Sheepshead Bay Stakes
- Class: Grade III
- Location: Belmont Park Elmont, New York, United States
- Inaugurated: First: 1888–1910 (as Sheepshead Bay Handicap at Sheepshead Bay Race Track) Renewal: 1957 (at Jamaica Race Course)
- Race type: Thoroughbred – Flat racing
- Website: NYRA

Race information
- Distance: 1+3⁄8 miles (11 furlongs)
- Surface: Turf
- Track: Left-handed
- Qualification: Fillies & Mares, four-years-old and older
- Weight: 124 lbs with allowances
- Purse: $200,000 (since 2012)

= Sheepshead Bay Stakes =

The Sheepshead Bay Stakes is a Grade III American thoroughbred horse race for fillies and mares ages four-years-old and older run over a distance of one and three-eighth miles on the turf scheduled annually in early May at Belmont Park in Elmont, New York.

==History==
The first Sheepshead Bay Handicap was a race run from 1888 through 1910 at the now defunct Sheepshead Bay Race Track at Sheepshead Bay, New York. When the Sheepshead Bay Race Track closed the event was discontinued.

===Renewal Sheepshead Bay Handicap (1957-) ===

The event was revived at the Jamaica Race Course on 26 October 1957 as a six furlong sprint named the Sheepshead Bay Handicap for three-year-olds and older and was won by Be Jeepers in a time 1:112/5 The event was not held in 1958. In 1959 the event was held at Jamaica Race Course for the last time in mid July at a distance of 1 1/8 miles and was won by the 40-1 longshot Greek Star. With the closure of the Jamaica Race Course the event was transferred to Aqueduct Racetrack and held on the new turf track. In 1962 the conditions of the event were change that the event was for fillies and mares three-years-old or older. The event was scheduled to be run on the turf track but was transferred to the dirt and held over a distance of one mile due to cancellation of all turf racing for the rest of their summer meeting after an incident the previous Saturday.

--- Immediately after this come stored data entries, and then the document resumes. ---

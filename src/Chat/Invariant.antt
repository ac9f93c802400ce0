-- ===== src/Chat/Invariant.antt =====
-- The invariant of the search: what holds between two handlers, and that judging, assigning and
-- answering keep it and never fault.
use ntu_sp17fall.Base.{
  ℕ, ◌+◌, ◌≤◌, ◌<◌, ◌≡◌, refl, true, false, List, [], ◌∷◌, ◌++◌, Option, none, some, ◌==◌, arith,
  length, get_elem?, get_or, get_elem?-get_or, ◌⊎◌, inl, inr, Bool-cases, Option-cases, min, not,
  ◌||◌,
}
use ntu_sp17fall.Chat.{idle, work, Server, Process, Boss, Client, Output, job, no_solution}
use ntu_sp17fall.Chat.Pool.{
  go_to_work, assign_jobs, check_need, assign_all, receive_from_child, is_work, is_none,
}

abbrev pub Below : Option ℕ → ℕ → Type 0
Below none n = ⊥
Below (some i) n = i < n

-- A process at work whose answer counts has a place below the next one to be assigned.
pub record Placed (next : ℕ) (p : Process) : Type 0 where
  pub calm : (p.status ≡ idle) ⊎ (p.status ≡ work)
  pub given : p.status ≡ work → p.valid_ans ≡ true → Below p.waiting_list_index next

abbrev pub AllPlaced : ℕ → List Process → Type 0
AllPlaced next [] = Unit {0}
AllPlaced next (p ∷ ps) = Placed next p × AllPlaced next ps

-- `waiting` is the length of the waiting list.
pub record BossInv (waiting : ℕ) (b : Boss) : Type 0 where
  pub next : b.assign_next_index ≤ waiting
  pub solved : (b.solution < b.assign_next_index) ⊎ (b.solution ≡ no_solution)
  pub busy : b.need_to_assign_job ≡ true → b.has_job ≡ true
  pub fresh : b.has_job ≡ false → b.assign_next_index ≡ 0

pub record Inv (s : Server) : Type 0 where
  pub boss : BossInv (length s.waiting_list) s.mama
  pub pool : AllPlaced s.mama.assign_next_index s.process_pool

Below-le : (i : Option ℕ) {m n : ℕ} → m ≤ n → Below i m → Below i n
Below-le none l h = h
Below-le (some i) l h = omega arith

pub Placed-le : {m n : ℕ} (p : Process) → m ≤ n → Placed m p → Placed n p
Placed-le p l h = record {
  calm = h.calm;
  given = λ w v. Below-le p.waiting_list_index l (h.given w v);
}

pub AllPlaced-le : (m n : ℕ) (ps : List Process) → m ≤ n → AllPlaced m ps → AllPlaced n ps
AllPlaced-le m n [] l h = tt
AllPlaced-le m n (p ∷ ps) l (h, hs) = (Placed-le p l h, AllPlaced-le m n ps l hs)

-- What a handler of one process leaves, at the place `next`.
pub record Kept (waiting next : ℕ) (r : Boss × Process) : Type 0 where
  pub boss : BossInv waiting r.0
  pub placed : Placed r.0.assign_next_index r.1
  pub same : r.0.assign_next_index ≡ next

counted :
    (a w i : ℕ) (b : Boss) (p : Process)
    → a ≡ 1
    → p.valid_ans ≡ true
    → p.waiting_list_index ≡ some i
    → i < b.assign_next_index
    → BossInv w b
    → (r : Boss × Process) × (receive_from_child (some a) b p ≡ some r)
      × Kept w b.assign_next_index r
unfolding receive_from_child
counted a w i b p one valid at below inv = (
  (record b { solution = min b.solution i }, record p { status = idle }),
  ground arith,
  ground arith,
)

-- An answer of at most 1 from a process at work never faults, and keeps the invariant of the boss and
-- of that process.
pub receive_from_child-keeps :
    (a w : ℕ) (b : Boss) (p : Process)
    → a ≤ 1
    → p.status ≡ work
    → BossInv w b
    → Placed b.assign_next_index p
    → (r : Boss × Process) × (receive_from_child (some a) b p ≡ some r)
      × Kept w b.assign_next_index r
unfolding receive_from_child
receive_from_child-keeps a w b p small busy i q = elim (Bool-cases (not p.valid_ans || a == 0)) [
  | inl e ↦ ((b, record p { status = idle }), rw (e, receive_from_child), ground arith)
  | inr e ↦ elim (Option-cases p.waiting_list_index) [
    | inl n ↦ absurd (rw n at (q.given busy (ground arith)))
    | inr (x, f) ↦
        counted a w x b p (ground arith) (ground arith) f (rw f at (q.given busy (ground arith))) i
  ]
]

-- The test before `assign_jobs` leaves a boss that the assignment can rely on.
record Ready (waiting : List ℕ) (b : Boss) : Type 0 where
  room : b.need_to_assign_job ≡ true → b.assign_next_index < length waiting
  someone : b.need_to_assign_job ≡ true → is_none b.working_on_fd ≡ false

check_need-Ready : (b : Boss) (waiting : List ℕ) → Ready waiting (check_need b waiting)
unfolding check_need
check_need-Ready b waiting = ground arith

check_need-keeps :
    (b : Boss) (waiting : List ℕ)
    → BossInv (length waiting) b
    → BossInv (length waiting) (check_need b waiting)
      × ((check_need b waiting).assign_next_index ≡ b.assign_next_index)
unfolding check_need
check_need-keeps b waiting i = (ground arith, ground arith)

pub get_elem?-some : (xs : List ℕ) (i : ℕ) → i < length xs → (x : ℕ) × (get_elem? xs i ≡ some x)
get_elem?-some xs i h = (get_or xs i 0, get_elem?-get_or xs i 0 h)

-- Assigning to one process.
record Assigned (waiting : ℕ) (b : Boss) (r : Boss × Process × List Output) : Type 0 where
  pub boss : BossInv waiting r.0
  pub placed : Placed r.0.assign_next_index r.1
  pub grows : b.assign_next_index ≤ r.0.assign_next_index

assign_idle :
    (clients : ℕ → Client) (b : Boss) (waiting : List ℕ) (p : Process) (fd other : ℕ)
    → BossInv (length waiting) b
    → b.need_to_assign_job ≡ true
    → b.assign_next_index < length waiting
    → p.status ≡ idle
    → b.working_on_fd ≡ some fd
    → get_elem? waiting b.assign_next_index ≡ some other
    → (r : Boss × Process × List Output) × (assign_jobs clients b waiting p ≡ some r)
      × Assigned (length waiting) b r
unfolding assign_jobs go_to_work
assign_idle clients b waiting p fd other i need lt e w g = (
  (
    record b { assign_next_index = b.assign_next_index + 1 },
    record p {
      status = work;
      waiting_list_index = some b.assign_next_index;
      job_fd = (fd, other);
      valid_ans = true;
    },
    job p.input_fd fd (clients fd).me other (clients other).me ∷ [],
  ),
  ground arith,
  record { boss = ground arith; placed = ground arith; grows = omega arith },
)

assign_jobs-keeps :
    (clients : ℕ → Client) (b : Boss) (waiting : List ℕ) (p : Process)
    → BossInv (length waiting) b
    → Ready waiting b
    → Placed b.assign_next_index p
    → (r : Boss × Process × List Output) × (assign_jobs clients b waiting p ≡ some r)
      × Assigned (length waiting) b r
unfolding assign_jobs
assign_jobs-keeps clients b waiting p i y q =
    elim (Bool-cases (not b.need_to_assign_job || is_work p.status)) [
      | inl e ↦ ((b, p, []), ground arith, record { boss = i; placed = q; grows = omega arith })
      | inr e ↦
          let need : b.need_to_assign_job ≡ true = ground arith in
          let idle_now : p.status ≡ idle = ground arith in
          let (other, at) = get_elem?-some waiting b.assign_next_index (y.room need) in
          elim (Option-cases b.working_on_fd) [
            | inl none_now ↦ absurd (ground (arith, y.someone need))
            | inr (fd, w) ↦
                assign_idle clients b waiting p fd other i need (y.room need) idle_now w at
          ]
    ]

pub record AllAssigned (waiting : ℕ) (b : Boss) (r : Boss × List Process × List Output)
    : Type 0 where
  pub boss : BossInv waiting r.0
  pub placed : AllPlaced r.0.assign_next_index r.1
  pub grows : b.assign_next_index ≤ r.0.assign_next_index

assign_all-cons :
    (clients : ℕ → Client) (waiting : List ℕ) (b : Boss) (p : Process) (ps : List Process)
    (r : Boss × Process × List Output) (t : Boss × List Process × List Output)
    → assign_jobs clients (check_need b waiting) waiting p ≡ some r
    → assign_all clients waiting r.0 ps ≡ some t
    → assign_all clients waiting b (p ∷ ps) ≡ some (t.0, r.1 ∷ t.1, r.2 ++ t.2)
unfolding assign_all
assign_all-cons clients waiting b p ps (b', p', out) (b'', ps', outs) e f = rw (e, assign_all, f)

-- The loop over the pool never faults, and keeps the invariant.
pub assign_all-keeps :
    (clients : ℕ → Client) (waiting : List ℕ) (b : Boss) (ps : List Process)
    → BossInv (length waiting) b
    → AllPlaced b.assign_next_index ps
    → (r : Boss × List Process × List Output) × (assign_all clients waiting b ps ≡ some r)
      × AllAssigned (length waiting) b r
unfolding assign_all
assign_all-keeps clients waiting b [] i q =
    ((b, [], []), refl, record { boss = i; placed = tt; grows = omega arith })
assign_all-keeps clients waiting b (p ∷ ps) i (q, qs) =
    let (j, same) = check_need-keeps b waiting i in
    let c = check_need b waiting in
    let (r, run, one) =
      assign_jobs-keeps clients c waiting p j (check_need-Ready b waiting) (rw same q) in
    let (t, runs, rest) =
      assign_all-keeps clients waiting r.0 ps one.boss
        (AllPlaced-le b.assign_next_index r.0.assign_next_index ps (omega (arith, one.grows)) qs) in
    (
      (t.0, r.1 ∷ t.1, r.2 ++ t.2),
      assign_all-cons clients waiting b p ps r t run runs,
      record {
        boss = rest.boss;
        placed = (Placed-le r.1 rest.grows one.placed, rest.placed);
        grows = omega (arith, one.grows, rest.grows, same);
      },
    )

In 1963 the distance of the event was reduced to 1 1/16 miles and was won by the reigning U.S. Champion Three-Year-Old Filly Cicada who carried an imposing weight of 128 pounds winning by a neck over Nubile. Cicada would later be crowned the 1963 U.S. Champion Older Female Horse.

In 1965 the distance of the event was increased to 1 3/16 miles and was run until 1974 at that journey. The event continued to be held in July during Aqueduct's short summer meeting.

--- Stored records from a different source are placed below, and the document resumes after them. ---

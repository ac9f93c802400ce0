-- ===== src/Chat/Leave.antt =====
-- `remove_try_match` of MP4/server_main.cpp: a client that waits for a match leaves.
use ntu_sp17fall.Base.{
  ℕ, zero, suc, ◌+◌, ◌-◌, Bool, false, ◌&&◌, not, List, [], ◌∷◌, Option, none, some, ◌==◌, ltb,
  if◌then◌else◌, get_elem?,
}
use ntu_sp17fall.Chat.{Boss, Process, Server, no_solution}

abbrev pub is_fd : Option ℕ → ℕ → Bool
is_fd none fd = false
is_fd (some a) fd = a == fd

-- `waiting_list[wait_idx]`, a fault outside the vector.
unfoldable pub waiting_at : List ℕ → Option ℕ → Option ℕ
waiting_at waiting none = none
waiting_at waiting (some i) = get_elem? waiting i

-- The first loop: the answer of a process that works for the leaving client does not count.
unfoldable pub invalidate : Option ℕ → List ℕ → ℕ → List Process → Option (List Process)
invalidate working waiting fd [] = some []
invalidate working waiting fd (p ∷ ps) =
    let rest : Option (List Process) = invalidate working waiting fd ps in
    if is_fd working fd
    then elim rest [ none ↦ none | some ps' ↦ some (record p { valid_ans = false } ∷ ps') ]
    else elim (waiting_at waiting p.waiting_list_index) [
      | none ↦ none
      | some other ↦ elim rest [
        | none ↦ none
        | some ps' ↦ some ((if other == fd then record p { valid_ans = false } else p) ∷ ps')
      ]
    ]

-- `erase` of the first element that is `fd`; `none` if there is none.
unfoldable pub erase_first : ℕ → List ℕ → Option (List ℕ)
erase_first fd [] = none
erase_first fd (x ∷ xs) =
    let rest : Option (List ℕ) = erase_first fd xs in
    if fd == x then some xs else elim rest [ none ↦ none | some ys ↦ some (x ∷ ys) ]

-- The last index, from `i` on, at which `fd` stands, or `found`.
unfoldable pub last_index : ℕ → ℕ → ℕ → List ℕ → ℕ
last_index fd i found [] = found
last_index fd i found (x ∷ xs) = last_index fd (i + 1) (if x == fd then i else found) xs

-- `erase(begin() + i)`, a fault at or past the end.
unfoldable pub erase_at : ℕ → List ℕ → Option (List ℕ)
erase_at i [] = none
erase_at zero (x ∷ xs) = some xs
erase_at (suc i) (x ∷ xs) = elim (erase_at i xs) [ none ↦ none | some ys ↦ some (x ∷ ys) ]

unfoldable pub shift_index : ℕ → Option ℕ → Option ℕ
shift_index quit none = none
shift_index quit (some i) = some (if ltb quit i then i - 1 else i)

unfoldable pub shift_process : ℕ → Process → Process
unfolding shift_index
shift_process quit p = record p { waiting_list_index = shift_index quit p.waiting_list_index }

unfoldable pub shift_pool : ℕ → List Process → List Process
unfolding shift_process
shift_pool quit [] = []
shift_pool quit (p ∷ ps) = shift_process quit p ∷ shift_pool quit ps

unfoldable pub shift_boss : ℕ → Boss → Boss
shift_boss quit b = record b {
  assign_next_index =
      if ltb quit b.assign_next_index then b.assign_next_index - 1 else b.assign_next_index;
  solution =
      if ltb quit b.solution && not (b.solution == no_solution) then b.solution - 1 else b.solution;
}

-- The part behind the search of `try_list`.
unfoldable pub leave_waiting : Server → ℕ → Option Server
leave_waiting s fd =
    if is_fd s.mama.working_on_fd fd
    then some (record s { mama = record s.mama { working_on_fd = none } })
    else let quit = last_index fd 0 no_solution s.waiting_list in
      elim (erase_at quit s.waiting_list) [
        | none ↦ none
        | some waiting ↦ some (record s {
          waiting_list = waiting;
          process_pool = shift_pool quit s.process_pool;
          mama = shift_boss quit s.mama;
        })
      ]

unfoldable pub remove_try_match : Server → ℕ → Option Server
remove_try_match s fd = elim (invalidate s.mama.working_on_fd s.waiting_list fd s.process_pool) [
  | none ↦ none
  | some pool ↦
      let s' = record s { process_pool = pool } in
      elim (erase_first fd s.try_list) [
        | some rest ↦ some (record s' { try_list = rest })
        | none ↦ leave_waiting s' fd
      ]
]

The Sheepshead Bay was run in two divisions five times, four times at Aqueduct and after the event was moved permanently to Belmont Park in 1982. In the running of the Second Division of the event in 1970 the winner Pattee Canyon carried a record 132 pounds.

In 1973 the first year the classification system was enacted, the event was set with Grade II status.

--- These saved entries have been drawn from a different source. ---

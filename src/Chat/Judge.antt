-- ===== src/Chat/Judge.antt =====
-- `judge_answer` and `start_chat` of MP4/server_main.cpp: the outcome of a finished search.
use ntu_sp17fall.Base.{
  ℕ, Bool, false, not, ◌||◌, List, [], ◌∷◌, ◌++◌, Option, none, some, ltb, if◌then◌else◌, get_elem?,
}
use ntu_sp17fall.Chat.{Server, Process, match, init, send, emit, update_client, no_solution}
use ntu_sp17fall.Chat.Pool.{is_work}
use ntu_sp17fall.Chat.Leave.{erase_at}

-- `clients[fd].start_chat(new_friend)`; 10 is the line feed.
unfoldable pub start_chat : Server → ℕ → ℕ → Server
start_chat s fd new_friend =
    let c = s.clients fd in
    let f = s.clients new_friend in
    emit
      (record s {
        clients =
            update_client s.clients fd
              (record c { friend_fd = new_friend; friends = f.me; status = match });
      })
      (send c.my_fd (f.json_package ++ 10 ∷ []))

unfoldable pub any_work : List Process → Bool
any_work [] = false
any_work (p ∷ ps) = is_work p.status || any_work ps

-- The search is over: `solution` is below 4096 if some answer was positive.
unfoldable pub conclude : Server → ℕ → Option Server
conclude s client1 =
    if ltb s.mama.solution no_solution
    then elim (get_elem? s.waiting_list s.mama.solution) [
      | none ↦ none
      | some client2 ↦
          let s' = start_chat (start_chat s client1 client2) client2 client1 in
          elim (erase_at s.mama.solution s.waiting_list) [
            | none ↦ none
            | some waiting ↦ some (record s' { waiting_list = waiting; mama = init s.mama })
          ]
    ]
    else some (record s { waiting_list = s.waiting_list ++ client1 ∷ []; mama = init s.mama })

unfoldable pub judge_answer : Server → Option Server
judge_answer s =
    if not s.mama.has_job || s.mama.need_to_assign_job
    then some s
    else if any_work s.process_pool
    then some s
    else elim s.mama.working_on_fd [
      | none ↦ some (record s { mama = init s.mama })
      | some client1 ↦ conclude s client1
    ]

The 1974 running was moved of the turf after a week of prolonged wet weather. In 1975 the event was held at Belmont Park over a distance of 1 1/4 miles.

In 1976 the event was held back at Aqueduct at a distance of 1 1/8 miles and US Hall of Fame jockey Pat Day won both divisions of the event - On Glowing Tribute and Fleet Victress. In 1977 the event was moved to Belmont Park where it has been held since. Glowing Tribute won the event again ridden by US Hall of Fame jockey Jorge Velásquez setting a new track record for the 1 1/4 miles in 1:593/5.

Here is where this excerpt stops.